Question

Most of our Solar System’s mass is contained in the Sun, and the planets possess almost all of the Solar System’s angular momentum. This observation plays a key role in theories attempting to explain the formation of our Solar System. Estimate the fraction of the Solar System’s total angular momentum that is possessed by planets using a simplified model which includes only the large outer planets with the most angular momentum. The central Sun (mass\(1.99 \times {10^{30}}\;{\rm{kg}}\), radius\(6.96 \times {10^8}\;{\rm{m}}\)) spins about its axis once every 25 days and the planets Jupiter, Saturn, Uranus, and Neptune move in nearly circular orbits around the Sun with orbital data given in the Table below. Ignore each planet’s spin about its own axis.

Planet	Mean Distance from Sun\(\left( { \times {{10}^6}\;{\rm{km}}} \right)\)	Orbital Period (Earth Years)	Mass \(\left( { \times {{10}^{25}}\;{\rm{kg}}} \right)\)
Jupiter	778	11.9	190
Saturn	1427	29.5	56.8
Uranus	2870	84.0	8.68
Neptune	4500	165	10.2

Short answer

The fraction of the Solar System’s total angular momentum possessed by the planets is 0.965.

Step-by-step solution

Identification of the given data

The mass of the Sun is\({M_{\rm{s}}} = 1.99 \times {10^{30}}\;{\rm{kg}}\).

The radius of the Sun is \({R_{\rm{s}}} = 6.96 \times {10^8}\;{\rm{m}}\)

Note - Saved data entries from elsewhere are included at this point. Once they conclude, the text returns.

-- ===== src/LlmCommon/Filter.antt =====
-- kernel/src/llm_common.c: the filter puts out printable characters, and no more than its buffer holds.
use choco_os.Base.{
  ℕ, zero, suc, ◌+◌, ◌≤◌, ◌<◌, ◌≡◌, refl, true, ◌||◌, ltb, ◌==◌, Option, some, List, [], ◌∷◌, ◌++◌,
  length, drop, arith, Bool-cases, inl, inr, length-append, ltb→lt,
}
use choco_os.LlmCommon.{is_kept, code_point, ascii_of, sanitized, sanitize, emit_sanitized}

abbrev pub AllKept : List ℕ → Type 0
AllKept [] = Unit
AllKept (c ∷ cs) = (is_kept c ≡ true) × AllKept cs

AllKept-append : (xs ys : List ℕ) → AllKept xs → AllKept ys → AllKept (xs ++ ys)
AllKept-append [] ys h k = k
AllKept-append (x ∷ xs) ys h k = (h.0, AllKept-append xs ys h.1 k)

ascii_of-AllKept : (cp : ℕ) → AllKept (ascii_of cp) × (length (ascii_of cp) ≤ 3)
ascii_of-AllKept cp = elim (Bool-cases (cp == 0x2018 || cp == 0x2019)) [
  | inl e ↦ rw e ((refl, tt), omega arith)
  | inr e ↦ elim (Bool-cases (cp == 0x201c || cp == 0x201d)) [
    | inl f ↦ rw (e, f) ((refl, tt), omega arith)
    | inr f ↦ elim (Bool-cases (cp == 0x2013 || cp == 0x2014)) [
      | inl g ↦ rw (e, f, g) ((refl, tt), omega arith)
      | inr g ↦ elim (Bool-cases (cp == 0x2026)) [
        | inl h ↦ rw (e, f, g, h) ((refl, (refl, (refl, tt))), omega arith)
        | inr h ↦ rw (e, f, g, h) (tt, omega arith)
      ]
    ]
  ]
]

sanitized-AllKept :
    (c : ℕ) (rest : List ℕ) → AllKept (sanitized c rest).0 × (length (sanitized c rest).0 ≤ 3)
sanitized-AllKept c rest = elim (Bool-cases (is_kept c)) [
  | inl k ↦ rw k ((k, tt), omega arith)
  | inr k ↦ elim (Bool-cases ((code_point c rest).1 == 0)) [
    | inl z ↦ rw (k, z) (tt, omega arith)
    | inr z ↦ rw (k, z) (ascii_of-AllKept (code_point c rest).0)
  ]
]

length-drop-le : (n : ℕ) (xs : List ℕ) → length (drop n xs) ≤ length xs
length-drop-le zero xs = omega arith
length-drop-le (suc n) [] = omega arith
length-drop-le (suc n) (x ∷ xs) = omega (arith, length-drop-le n xs)

abbrev Filtered : ℕ → Option (List ℕ) → Type 0
Filtered o r = (out : List ℕ) × (r ≡ some out) × AllKept out × (o + length out ≤ 78)

sanitize-Filtered :
    (fuel : ℕ) (piece : List ℕ) (o : ℕ)
    → length piece ≤ fuel
    → o ≤ 78
    → Filtered o (sanitize fuel piece o)
unfolding sanitize
sanitize-Filtered zero [] o h b = ([], refl, tt, omega arith)
sanitize-Filtered (suc fuel) [] o h b = ([], refl, tt, omega arith)
sanitize-Filtered zero (c ∷ rest) o h b = absurd (omega arith)
sanitize-Filtered (suc fuel) (c ∷ rest) o h b = elim (Bool-cases (ltb o 76)) [
  | inr full ↦ ([], rw full refl, tt, omega arith)
  | inl room ↦
      let s = sanitized c rest in
      let (kept, short) = sanitized-AllKept c rest in
      let small : o < 76 = ltb→lt o 76 room in
      let le = length-drop-le s.1 rest in
      let (out, e, k, n) =
        sanitize-Filtered fuel (drop s.1 rest) (o + length s.0) (omega (arith, le))
          (omega (arith, short)) in
      (
        s.0 ++ out,
        rw room (rw e refl),
        AllKept-append s.0 out kept k,
        omega (arith, n, length-append s.0 out),
      )
]

-- `emit_sanitized` ends for every text, and emits only printable ASCII characters, tabs and line ends,
-- at most 78, so that they and the NUL behind them fit the buffer of 80 bytes.
pub emit_sanitized-AllKept :
    (piece : List ℕ)
    → (out : List ℕ) × (emit_sanitized piece ≡ some out) × AllKept out × (length out ≤ 78)
unfolding emit_sanitized
emit_sanitized-AllKept piece =
    let (out, e, k, n) = sanitize-Filtered (length piece) piece 0 (omega arith) (omega arith) in
    (out, e, k, omega (arith, n))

Definition of angular momentum

Angular momentum is the rotational equivalent to the linear momentum of a body.It is expressed as the product of the moment of inertia and the angular velocity.

\(L = I\omega \) … (i)

Calculation of the moment of inertia of each planet

The four given planets and the Sun are solid spheres. The moment of inertia of a solid sphere of mass M and radius R,rotating on its axis is:

\(I = \frac{2}{5}M{R^2}\) … (ii)

Calculation of the Sun’s spin angular momentum

The angular speed of a rotating rigid body is given as:

\(\omega = \frac{{2\pi }}{T}\)

Therefore, the angular speed of the Sun will be:

\(\begin{aligned}{c}{\omega _{{\rm{sun}}}} = \frac{{2\pi }}{{{T_{{\rm{sun}}}}}}\\ = \frac{{2\pi }}{{25\;{\rm{days}}}} \times \left( {\frac{{1\;{\rm{day}}}}{{86400\;{\rm{s}}}}} \right)\end{aligned}\)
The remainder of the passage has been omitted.